The term "workshop" is used all over the place to describe very different things. In the GATK world, a workshop is a multi-day course that includes both lectures and hands-on exercises, interleaved to provide a well-balanced learning experience.
Our standard 4-day bootcamp-style workshop, described below, covers basic genomics, all currently supported Best Practices pipelines as well as pipelining with WDL/Cromwell/Terra. Other formulas may be available upon request.
The workshop focuses on the core steps involved in calling variants with the Broad’s Genome Analysis Toolkit, using the “Best Practices” developed by the GATK team. Participants will learn why each step is essential to the variant discovery process, what are the operations performed on the data at each step, and how to use the GATK tools to get the most accurate and reliable results out of their dataset. In the course of this workshop, we highlight key functionalities such as the GVCF workflow for joint discovery of germline short variants in cohorts, somatic short variant discovery using Mutect2, and somatic copy number variation discovery using GATK-CNV. We also exercise the use of pipelining tools to assemble and execute GATK workflows.
In the hands-on sessions focused on analysis, we walk participants through exercises that teach them how to manipulate the standard data formats involved in variant discovery and how to apply GATK tools appropriately to common use cases and data types. In the course of these exercises, we demonstrate useful tips and tricks for interacting with GATK and Picard tools, dealing with problems, and using third-party tools such as IGV and RStudio.
In the optional hands-on sessions on pipelining, we walk participants through exercises that teach them to write workflow scripts using WDL, the Broad's new Workflow Description Language, and to execute these workflows locally with Cromwell as well as through FireCloud, our publicly available, secure cloud-based analysis service.
This workshop is aimed at a mixed audience of people who are new to the topic of variant discovery or to GATK, seeking an introductory course into the tools, or who are already GATK users seeking to improve their understanding of and proficiency with the tools. Participants should already be familiar with the basic terms and concepts of genetics and genomics. Basic familiarity with the command line environment is required.

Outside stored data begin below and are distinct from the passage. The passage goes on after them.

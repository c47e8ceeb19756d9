-- ===== src/Main/Wait.antt =====
-- How long `wait_job_done` of src/main.cpp waits.
use ff_test.Base.{ℕ, zero, suc, ◌+◌, ◌<◌, ◌≡◌, refl, Bool, true, false, none, some, arith}
use ff_test.Base.Int.{pos, negsuc}
use ff_test.Main.{poll, count_down, wait_job_done}

poll_first :
    (n fuel i : ℕ) (is_stop : ℕ → Bool)
    → n < fuel
    → is_stop (i + n) ≡ true
    → ((j : ℕ) → j < n → is_stop (i + j) ≡ false)
    → poll fuel is_stop i ≡ some (i + n)
unfolding poll
poll_first n zero i is_stop lt now before = absurd (omega arith)
poll_first zero (suc fuel) i is_stop lt now before =
    let e : i + zero ≡ i = omega arith in rw (rw e at now) (rw e refl)
poll_first (suc n) (suc fuel) i is_stop lt now before =
    let e : i + suc n ≡ i + 1 + n = omega arith in
    let start : i + zero ≡ i = omega arith in
    let not_yet : is_stop i ≡ false = rw start at (before zero (omega arith)) in
    let later : (j : ℕ) → j < n → is_stop (i + 1 + j) ≡ false = λ j h.
      (let q : i + suc j ≡ i + 1 + j = omega arith in rw q at (before (suc j) (omega arith))) in
    rw (not_yet, e) (poll_first n fuel (i + 1) is_stop (omega arith) (rw e at now) later)

pub count_down_lem : (n fuel i : ℕ) → n < fuel → count_down fuel n i ≡ some (i + n)
unfolding count_down
count_down_lem n zero i lt = absurd (omega arith)
count_down_lem zero (suc fuel) i lt = let e : i + zero ≡ i = omega arith in rw e refl
count_down_lem (suc n) (suc fuel) i lt =
    let e : i + suc n ≡ i + 1 + n = omega arith in
    rw e (count_down_lem n fuel (i + 1) (omega arith))

-- In one-loop mode `wait_job_done` ends at the first second at which `is_stop` answers `true`;
-- with a positive number it ends after so many seconds, whatever the tasks do; one round more
-- than those seconds is enough. With a negative number it does not end.
pub wait_job_done_lem :
    (n m k fuel : ℕ) (is_stop : ℕ → Bool)
    → n < fuel
    → suc m < fuel
    → is_stop n ≡ true
    → ((j : ℕ) → j < n → is_stop j ≡ false)
    → (wait_job_done fuel (pos 0) is_stop ≡ some n)
      × (wait_job_done fuel (pos (suc m)) is_stop ≡ some (suc m))
      × (wait_job_done fuel (negsuc k) is_stop ≡ none)
unfolding wait_job_done
wait_job_done_lem n m k fuel is_stop lt lt' now before =
    let e : 0 + n ≡ n = omega arith in
    let e' : 0 + suc m ≡ suc m = omega arith in
    let at_n : is_stop (0 + n) ≡ true = rw e now in
    let not_yet : (j : ℕ) → j < n → is_stop (0 + j) ≡ false =
      λ j h. (let q : 0 + j ≡ j = omega arith in rw q (before j h)) in
    (
      rw e at (poll_first n fuel 0 is_stop lt at_n not_yet),
      rw e' at (count_down_lem (suc m) fuel 0 lt'),
      refl,
    )
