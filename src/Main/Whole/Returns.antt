-- ===== src/Main/Whole/Returns.antt =====
-- When `main` of src/main.cpp returns.
use ff_test.Base.{
  ℕ, zero, suc, ◌+◌, ◌≤◌, ◌<◌, ◌≡◌, refl, ◌∙◌, inl, inr, Bool, true, false, some, List, [], ◌∷◌,
  All, arith, length, Bool-cases, Option-cases,
}
use ff_test.Base.Int.{ℤ, pos}
use ff_test.Base.Text.{Text}
use ff_test.TaskPool.{Task, Pool, stop_pool, is_stop, release_tasks}
use ff_test.TaskPool.Threads.Counting.{IsCounted, AllFinished, counted-is_stop, stop_pool-IsCounted}
use ff_test.TaskPool.Threads.Ending.{CanEnd, ranks}
use ff_test.TaskPool.Threads.Clearing.{
  stop_pool-CanEnd, NoThread, release_tasks-NoThread, release_tasks_finished,
}
use ff_test.TaskPool.Threads.Schedule.{
  tick, after, after_first, AllStarted, start_pool-AllStarted, after-IsCounted, after-AllStarted,
  finished_later,
}
use ff_test.TaskPool.Threads.Fair.{Fair, settle}
use ff_test.Main.{wait_job_done, with_answers, prepare}
use ff_test.Main.Run.{length-with_answers, with_answers-AllCreated, prepare_pool}
use ff_test.Main.Wait.{count_down_lem, wait_job_done_lem}
use ff_test.Main.Whole.{join_tasks, clear_running, Outside, finish, main}

-- The joins return when the threads have returned, if not before.
join_tasks-NoThread :
    (seclive : ℤ) (picks : ℕ → ℕ) (d k fuel : ℕ) (p : Pool)
    → AllFinished (after seclive picks k d p).tasks
    → d < fuel
    → (p' : Pool) × (join_tasks fuel seclive picks k p ≡ some p') × NoThread p'.tasks
unfolding join_tasks
join_tasks-NoThread seclive picks d k zero p over lt = absurd (omega arith)
join_tasks-NoThread seclive picks zero k (suc fuel) p over lt =
    unfold after in
    let (ts, freed, _, none_left) = release_tasks_finished p.tasks over in
    (record p { tasks = ts }, rw (join_tasks, freed) refl, none_left)
join_tasks-NoThread seclive picks (suc d) k (suc fuel) p over lt =
    elim (Option-cases (release_tasks p.tasks)) [
      | inr (ts, freed) ↦ (
        record p { tasks = ts },
        rw (join_tasks, freed) refl,
        release_tasks-NoThread p.tasks ts freed,
      )
      | inl waiting ↦
          let over' = rw (after_first seclive picks k d p) at over in
          let (p', run, none_left) =
            join_tasks-NoThread seclive picks d (suc k) fuel (tick seclive (picks k) p) over'
              (omega arith) in
          (p', rw (join_tasks, waiting) run, none_left)
    ]

-- The first number of which a test is true.
first_true :
    (n : ℕ) (f : ℕ → Bool) → f n ≡ true → (m : ℕ) × (f m ≡ true) × ((j : ℕ) → j < m → f j ≡ false)
first_true zero f now = (zero, now, λ j h. absurd (omega arith))
first_true (suc n) f now = elim (Bool-cases (f zero)) [
  | inl first ↦ (zero, first, λ j h. absurd (omega arith))
  | inr later ↦
      let (m, found, before) = first_true n (λ j. f (suc j)) now in
      (suc m, found, below f m later before)
]
  where
    below :
        (f : ℕ → Bool) (m : ℕ)
        → f zero ≡ false
        → ((j : ℕ) → j < m → f (suc j) ≡ false)
        → (j : ℕ) → j < suc m
        → f j ≡ false
    below f m later before zero h = later
    below f m later before (suc j) h = before j (omega arith)

started-CanEnd : (ts : List Task) → AllStarted ts → All (CanEnd (pos 0)) ts
started-CanEnd [] a = tt
started-CanEnd (t ∷ ts) (s, a) = ((s, inr refl), started-CanEnd ts a)

-- The seconds of the wait go on as long as the threads need.
abbrev pub Ticks : (ℕ → ℕ) → Type 0
Ticks clock = (k : ℕ) → (s : ℕ) × (k ≤ clock s)

-- The wait ends, with `more` rounds beyond enough.
wait_ends :
    (o : Outside) (n size : ℕ) (p : Pool)
    → IsCounted size p.tasks p.sem
    → AllStarted p.tasks
    → Fair o.picks size
    → Ticks o.clock
    → (bound : ℕ) × (seconds : ℕ) × ((more : ℕ)
        → wait_job_done
            (bound + more)
            (pos n)
            (λ s. is_stop size (after (pos n) o.picks 0 (o.clock s) p))
          ≡ some seconds)
wait_ends o zero size p v s fair ticks =
    let (d, over) =
      settle (pos 0) o.picks size (ranks p.tasks) 0 p fair (omega arith)
        (started-CanEnd p.tasks s, v.sized) in
    let (sec, le) = ticks d in
    let stops : ℕ → Bool = λ i. is_stop size (after (pos 0) o.picks 0 (o.clock i) p) in
    let counted = after-IsCounted (pos 0) o.picks size 0 (o.clock sec) p v in
    let over' = finished_later (pos 0) o.picks 0 d (o.clock sec) p over le in
    let (m, found, before) = first_true sec stops ((counted-is_stop size _ counted).1 over') in
    (
      suc (suc m),
      m,
      λ more.
          (wait_job_done_lem m 0 0 (suc (suc m) + more) stops (omega arith) (omega arith) found
            before).0,
    )
wait_ends o (suc n) size p v s fair ticks = (
  suc (suc n),
  0 + suc n,
  λ more. unfold wait_job_done in count_down_lem (suc n) (suc (suc n) + more) 0 (omega arith),
)

-- The joins end as well, and leave no thread.
clear_ends_too :
    (seclive : ℤ) (picks : ℕ → ℕ) (size k : ℕ) (p : Pool)
    → IsCounted size p.tasks p.sem
    → AllStarted p.tasks
    → Fair picks size
    → (bound : ℕ) × ((more : ℕ)
        → (p' : Pool) × (clear_running (bound + more) seclive picks k p ≡ some p')
          × NoThread p'.tasks)
unfolding clear_running
clear_ends_too seclive picks size k p v s fair =
    let told = stop_pool-CanEnd seclive p s in
    let (d, over) =
      settle seclive picks size (ranks (stop_pool p).tasks) k (stop_pool p) fair (omega arith)
        (told, (stop_pool-IsCounted size p v).sized) in
    (
      suc d,
      λ more. join_tasks-NoThread seclive picks d k (suc d + more) (stop_pool p) over (omega arith),
    )

finish_lem :
    (fuel : ℕ) (o : Outside) (seclive : ℤ) (size seconds : ℕ) (p p' : Pool)
    → wait_job_done fuel seclive (λ s. is_stop size (after seclive o.picks 0 (o.clock s) p))
      ≡ some seconds
    → clear_running fuel seclive o.picks
        (o.clock seconds)
        (after seclive o.picks 0 (o.clock seconds) p)
      ≡ some p'
    → finish fuel o seclive size p ≡ some (pos 0, some p')
unfolding finish
finish_lem fuel o seclive size seconds p p' waited cleared = rw (waited, cleared) refl

finish_returns :
    (o : Outside) (n size : ℕ) (p : Pool)
    → IsCounted size p.tasks p.sem
    → AllStarted p.tasks
    → Fair o.picks size
    → Ticks o.clock
    → (bound : ℕ) × ((more : ℕ)
        → (p' : Pool) × (finish (bound + more) o (pos n) size p ≡ some (pos 0, some p'))
          × NoThread p'.tasks)
finish_returns o n size p v s fair ticks =
    let (wait, seconds, waited) = wait_ends o n size p v s fair ticks in
    let at : ℕ = o.clock seconds in
    let (join, joined) =
      clear_ends_too (pos n) o.picks size at (after (pos n) o.picks 0 at p)
        (after-IsCounted (pos n) o.picks size 0 at p v) (after-AllStarted (pos n) o.picks 0 at p s)
        fair in
    (
      wait + join,
      λ more.
          let first : wait + join + more ≡ wait + (join + more) = omega arith in
          let second : wait + join + more ≡ join + (wait + more) = omega arith in
          let (p', run, none_left) = joined (wait + more) in
          (
            p',
            finish_lem (wait + join + more) o (pos n) size seconds p p'
                (rw first (waited (join + more))) (rw second run),
            none_left,
          ),
    )

main-finish :
    (fuel : ℕ) (o : Outside) (words : List Text) (p : Pool)
    → let (cfg, started) = prepare o.stat o.readdir o.setaffinity o.created words in
      started ≡ some p → main fuel o words ≡ finish fuel o cfg.seclive (length cfg.vec_core) p
unfolding main
main-finish fuel o words p begun = rw (main, begun) refl

-- Without the option 'l', or with one that is not negative, when `main` has come to start its
-- tasks, every thread could be created, the scheduler is fair to the threads and time goes on:
-- `main` returns 0, and no task keeps a thread.
pub main_returns :
    (o : Outside) (words : List Text) (n : ℕ) (p : Pool)
    → let (cfg, started) = prepare o.stat o.readdir o.setaffinity o.created words in
      cfg.seclive ≡ pos n
      → started ≡ some p
      → ((j : ℕ) → (o.created j).ret ≡ pos 0)
      → Fair o.picks (length cfg.vec_core)
      → Ticks o.clock
      → (bound : ℕ) × ((more : ℕ)
          → (p' : Pool) × (main (bound + more) o words ≡ some (pos 0, some p')) × NoThread p'.tasks)
main_returns o words n p live begun made fair ticks =
    let cfg = (prepare o.stat o.readdir o.setaffinity o.created words).0 in
    let (started, counted) =
      start_pool-AllStarted o.setaffinity (with_answers o.created 0 cfg.vec_core)
        (with_answers-AllCreated o.created 0 cfg.vec_core made) in
    let pool_is = prepare_pool o.stat o.readdir o.setaffinity o.created words p begun in
    let counted' = rw (length-with_answers o.created 0 cfg.vec_core, pool_is) at counted in
    let (bound, returns) =
      finish_returns o n (length cfg.vec_core) p counted' (rw pool_is at started) fair ticks in
    (
      bound,
      λ more.
          let (p', run, none_left) = returns more in
          (p', main-finish (bound + more) o words p begun ∙ rw live run, none_left),
    )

Participants will be expected to bring their own laptops with software preinstalled (detailed instructions here) unless the workshop host provides a computer lab. Note that we do the majority of the hands-on exercises on our cloud platform, Terra, which allows us to focus on the scientific aspects of the work and eliminate common sources of technical difficulties. However, we still have a few exercises that we need to run locally, so it's very important that everyone follow the installation instructions. This also ensures that were we to experience any connectivity issues, we'd be able to fall back on using local machines. We encourage everyone to use Chrome as their web browser. Supported systems are Mac and Unix/Linux systems; MS Windows is NOT supported. Chromebooks are also not supported as they are not capable of running downloadable software.
Please note that this workshop is focused on human data analysis. The majority of the materials presented does apply equally to non-human data, and we will address some questions regarding adaptations that are needed for analysis of non-human data, but we will not go into much detail on those points.